Step 4: Create a Python Environment and Install Jupyter Deploy
Create a Python virtual environment and install Jupyter Deploy.
# Navigate to your home directory
cd ~
# Create a UV project
uv init jupyter-deploy-projects --bare
# Install Jupyter Deploy CLI
uv add jupyter-deploy
Step 5: Deploy Your Environment
Finally, deploy your JupyterLab application using the Jupyter Deploy CLI.
# Initialize a new Jupyter Deploy project
jupyter-deploy init
# Configure your project
jupyter-deploy configure
# Deploy your JupyterLab application
jupyter-deploy deploy
Main Sections
1. Selecting a Jupyter Deploy Template
Jupyter Deploy uses templates to simplify the deployment process. Templates are pre-built IaC projects that handle the technical setup for you. The base template includes:
- Terraform as the IaC engine.
- AWS as the cloud provider.
- Amazon EC2 instance.
- GitHub authentication.
You can discover and use additional templates by installing them in your Python environment.
2. Simplifying Collaboration with Jupyter Deploy
Once deployed, access your JupyterLab application from any web browser. Share the URL with collaborators, who will authenticate via GitHub. If their identity matches your allowlist, they will gain access to your JupyterLab application, enabling real-time collaboration.
Scaling Compute Resources
Need more compute power? Swap out your EC2 instance with a few commands.
# List available EC2 instance types
aws ec2 describe-instance-types
# Update your instance type
jupyter-deploy update-instance --instance-type <new-instance-type>
Managing Collaborators and Storage
Adding collaborators or scaling storage is equally straightforward.
# Add a new collaborator
jupyter-deploy add-collaborator <github-username>
# Mount a new Amazon EBS volume
jupyter-deploy add-ebs <volume-size>
# Mount an Amazon EFS
jupyter-deploy add-efs <file-system-id>
3. Practical Examples and Use Cases
Use Case: Data Science Team Collaboration
Imagine a data science team working on a machine learning project. By deploying JupyterLab with Jupyter Deploy, they can:
- Collaborate in real-time on notebooks.
- Utilize GPU instances for model training.
- Share results and insights seamlessly.
Use Case: Educational Institution
An educational institution can deploy JupyterLab for students and faculty to:
- Access course materials and assignments.

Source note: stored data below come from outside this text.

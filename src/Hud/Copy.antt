-- ===== src/Hud/Copy.antt =====
-- src/hudrewrite.cpp, `Writer::copy_list`. The class of an element's name is a parameter: the table of
-- src/inspector.cpp has it.
pub mod Grows
pub mod Commands
pub mod Confined
use hybrid_heaven_recomp.Prelude.{
  ℕ, zero, suc, ◌+◌, ◌-◌, ◌*◌, ◌/◌, ◌%◌, ◌^◌, bit_and, bit_or, bit_xor, ℤ, pos, Bool, true, false,
  not, ◌||◌, Option, none, some, List, [], ◌∷◌, ◌==◌, ltb, leb, if◌then◌else◌, update,
}
use hybrid_heaven_recomp.Hud.Memory.{Rdram, read_word, write_commands}
use hybrid_heaven_recomp.Hud.Gbi.{Gbi, Class, auto, is_auto}
use hybrid_heaven_recomp.Hud.Identity.{texture, list, fill}
use hybrid_heaven_recomp.Hud.Writer.{
  Writer, physical, reserve, emit, enable, rect_begin, rect_end, group_begin, group_end,
}

pub data Op : Type 0 where
  mtx move_word move_mem dl end_dl tex_rect fill_rect set_scissor : Op
  set_fill_color set_t_img set_c_img other : Op

-- The constants of F3DEX2; both texture rectangles are handled alike.
unfoldable pub op_of : ℕ → Op
op_of op =
    if op == 0xDF
    then end_dl
    else if op == 0xDE
    then dl
    else if op == 0xDB
    then move_word
    else if op == 0xDC
    then move_mem
    else if op == 0xDA
    then mtx
    else if op == 0xED
    then set_scissor
    else if op == 0xFF
    then set_c_img
    else if op == 0xFD
    then set_t_img
    else if op == 0xF7
    then set_fill_color
    else if op == 0xF6
    then fill_rect
    else if op == 0xE4
    then tex_rect
    else if op == 0xE5
    then tex_rect
    else other

-- `++applied`, for a class other than automatic.
unfoldable pub count : Class → Writer → Writer
count cls s = record s { applied = if is_auto cls then s.applied else s.applied + 1 }

-- The commands that are remembered, which are then emitted as they are.
unfoldable pub remember : Op → ℕ → ℕ → Writer → Writer
remember move_word w0 w1 s =
    if w0 / 2 ^ 16 % 256 == 0x06
    then record s { segments = update s.segments (w0 % 2 ^ 16 / 4 % 16) (w1 % 0x2000_0000) }
    else s
remember move_mem w0 w1 s = if w0 % 256 == 0x08 then record s { viewport = some (w0, w1) } else s
remember mtx w0 w1 s =
    if bit_and (bit_xor (w0 % 256) 0x01) 0x04 == 0
    then s
    else record s { projection = some (w0, w1) }
remember set_scissor w0 w1 s = record s { scissor = some (w0, w1) }
remember set_c_img w0 w1 s = record s { fb_width = if w1 % 2 ^ 24 == 0x0040_0000 then 640 else 320 }
remember set_t_img w0 w1 s = record s {
  image = w1;
  texture_ident = texture s.rdram w1 (physical s.segments w1);
}
remember set_fill_color w0 w1 s = record s { fill_colour = w1 }
remember dl w0 w1 s = s
remember end_dl w0 w1 s = s
remember tex_rect w0 w1 s = s
remember fill_rect w0 w1 s = s
remember other w0 w1 s = s

-- A coordinate in quarters of a pixel, at 320 pixels across: the floats of the code are exact here.
unfoldable pub to_320 : ℕ → ℕ → ℤ
to_320 fb_width quarters = pos (quarters * 320 / (4 * fb_width))

unfoldable pub fill_identity : ℕ → ℕ → Writer → List ℕ
unfolding to_320
fill_identity w0 w1 s =
    fill s.fill_colour (to_320 s.fb_width (w1 / 2 ^ 12 % 0x1000)) (to_320 s.fb_width (w1 % 0x1000))
      (to_320 s.fb_width (w0 / 2 ^ 12 % 0x1000)) (to_320 s.fb_width (w0 % 0x1000))

-- The second half of a texture rectangle, where the next command is one.
unfoldable pub half : ℕ → Writer × ℕ → Writer × ℕ
half op (s, pc) =
    let h0 = read_word s.rdram pc in
    if h0 / 2 ^ 24 % 256 == op then (emit h0 (read_word s.rdram (pc + 4)) s, pc + 8) else (s, pc)

-- How a round of the loop ends: with the state, `pc` and `branch_cls` of the next, or with a result.
pub data Outcome : Type 0 where
  next : Writer → ℕ → Class → Outcome
  done : Writer → ℕ → Outcome

-- The jump over the callee's copy.
unfoldable pub patch : ℕ → Writer → Writer
patch jump_at s = record s {
  rdram =
      write_commands s.rdram (s.base + jump_at)
        ((0xDE * 2 ^ 24 + 2 ^ 16, bit_or 0x8000_0000 (s.base + s.used)) ∷ []);
}

unfoldable pub give_up : Writer → Writer
give_up s = record s { overflow = true }

module _ (gbi : Gbi) (class_of : List ℕ → Class) where
  unfoldable pub copy_fill_rect : ℕ → ℕ → Writer → Writer
  copy_fill_rect w0 w1 s =
      let cls : Class = elim (fill_identity w0 w1 s) [ [] ↦ auto | c ∷ cs ↦ class_of (c ∷ cs) ] in
      count cls (rect_end gbi cls (emit w0 w1 (rect_begin gbi cls s)))

  unfoldable pub copy_tex_rect : ℕ → ℕ → Writer → ℕ → Class → Outcome
  copy_tex_rect w0 w1 s pc branch =
      let cls : Class = class_of s.texture_ident in
      let (s', pc') = half 0xF1 (half 0xE1 (emit w0 w1 (rect_begin gbi cls s), pc)) in
      next (count cls (rect_end gbi cls s')) pc' branch

  -- `if (branch_cls != kAuto) group_end(branch_cls)`, which does nothing for the automatic class.
  unfoldable pub copy_branch : ℕ → Writer → Class → Outcome
  copy_branch w1 s branch =
      let cls = class_of (list s.rdram w1 (physical s.segments w1)) in
      let s' = count cls (group_begin gbi cls (group_end gbi branch s)) in
      next s' (physical s'.segments w1) cls

  -- The call itself, once the callee is in place.
  unfoldable pub copy_call : Class → ℕ → ℕ → Writer → Writer
  copy_call cls w0 callee s =
      count cls (group_end gbi cls (enable gbi (emit w0 callee (group_begin gbi cls s))))

  -- What follows the callee's copy, with its result.
  unfoldable pub copy_called : ℕ → Class → ℕ → Writer × ℕ → ℕ → Class → Outcome
  copy_called jump_at cls w0 (s, copied) pc branch =
      if s.overflow then done s 0 else next (copy_call cls w0 copied (patch jump_at s)) pc branch

  -- The callee is copied where the depth allows it.
  unfoldable pub copy_dl : Option (Writer → ℕ → Writer × ℕ) → ℕ → ℕ → Writer → ℕ → Class → Outcome
  copy_dl callee w0 w1 s pc branch =
      if not (w0 / 2 ^ 16 % 256 == 0) then copy_branch w1 s branch else elim callee [
        | none ↦ next (copy_call auto w0 w1 s) pc branch
        | some copy ↦
            let cls = class_of (list s.rdram w1 (physical s.segments w1)) in
            copy_called s.used cls w0 (copy (emit 0 0 s) w1) pc branch
      ]

  -- One command, with `pc` past it.
  unfoldable pub copy_command :
      Option (Writer → ℕ → Writer × ℕ) → ℕ → Op → ℕ → ℕ → Writer → ℕ → Class → Outcome
  copy_command callee start end_dl w0 w1 s pc branch =
      done (emit w0 w1 (group_end gbi branch s)) (bit_or 0x8000_0000 (s.base + start))
  copy_command callee start dl w0 w1 s pc branch = copy_dl callee w0 w1 s pc branch
  copy_command callee start fill_rect w0 w1 s pc branch = next (copy_fill_rect w0 w1 s) pc branch
  copy_command callee start tex_rect w0 w1 s pc branch = copy_tex_rect w0 w1 s pc branch
  copy_command callee start op w0 w1 s pc branch = next (emit w0 w1 (remember op w0 w1 s)) pc branch

  -- One round; the loop ends early, and then gives up, on an overflow or outside the RDRAM.
  unfoldable pub round : Option (Writer → ℕ → Writer × ℕ) → ℕ → Writer → ℕ → Class → Outcome
  round callee start s pc branch = elim (s.overflow || leb 0x80_0000 pc) [
    | true ↦ done (give_up s) 0
    | false ↦
        let w0 = read_word s.rdram pc in
        let w1 = read_word s.rdram (pc + 4) in
        copy_command callee start (op_of (w0 / 2 ^ 24)) w0 w1 s (pc + 8) branch
  ]

  -- The loop, with the rounds that `guard` leaves.
  unfoldable pub copy_from :
      Option (Writer → ℕ → Writer × ℕ) → ℕ → ℕ → Writer → ℕ → Class → Writer × ℕ
  copy_from callee start zero s pc branch = (give_up s, 0)
  copy_from callee start (suc guard) s pc branch = elim (round callee start s pc branch) [
    | next s' pc' branch' ↦ copy_from callee start guard s' pc' branch'
    | done s' result ↦ (s', result)
  ]

  unfoldable pub copy_body : Option (Writer → ℕ → Writer × ℕ) → Writer → ℕ → Writer × ℕ
  copy_body callee s address =
      let s' = enable gbi s in copy_from callee s.used 40000 s' (physical s'.segments address) auto

  -- With the calls that may still nest: `10 - depth`.
  unfoldable pub copy_list : ℕ → Writer → ℕ → Writer × ℕ
  copy_list zero s address = copy_body none s address
  copy_list (suc left) s address = copy_body (some (copy_list left)) s address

- Collaborate on group projects.
- Utilize high-performance compute resources for research.
Conclusion
Jupyter Deploy simplifies the process of deploying a JupyterLab application to the cloud, enabling real-time collaboration, secure access, and scalable compute resources. Whether you're a data science team, a research group, or an educational institution, Jupyter Deploy provides a practical solution for deploying and managing JupyterLab in the cloud.
By following the steps outlined in this blog post, you can set up your own JupyterLab application in minutes, overcoming the limitations of local deployments and fostering a collaborative environment for data science and machine learning projects.
For more details and advanced configurations, refer to the Jupyter Deploy documentation. Happy deploying!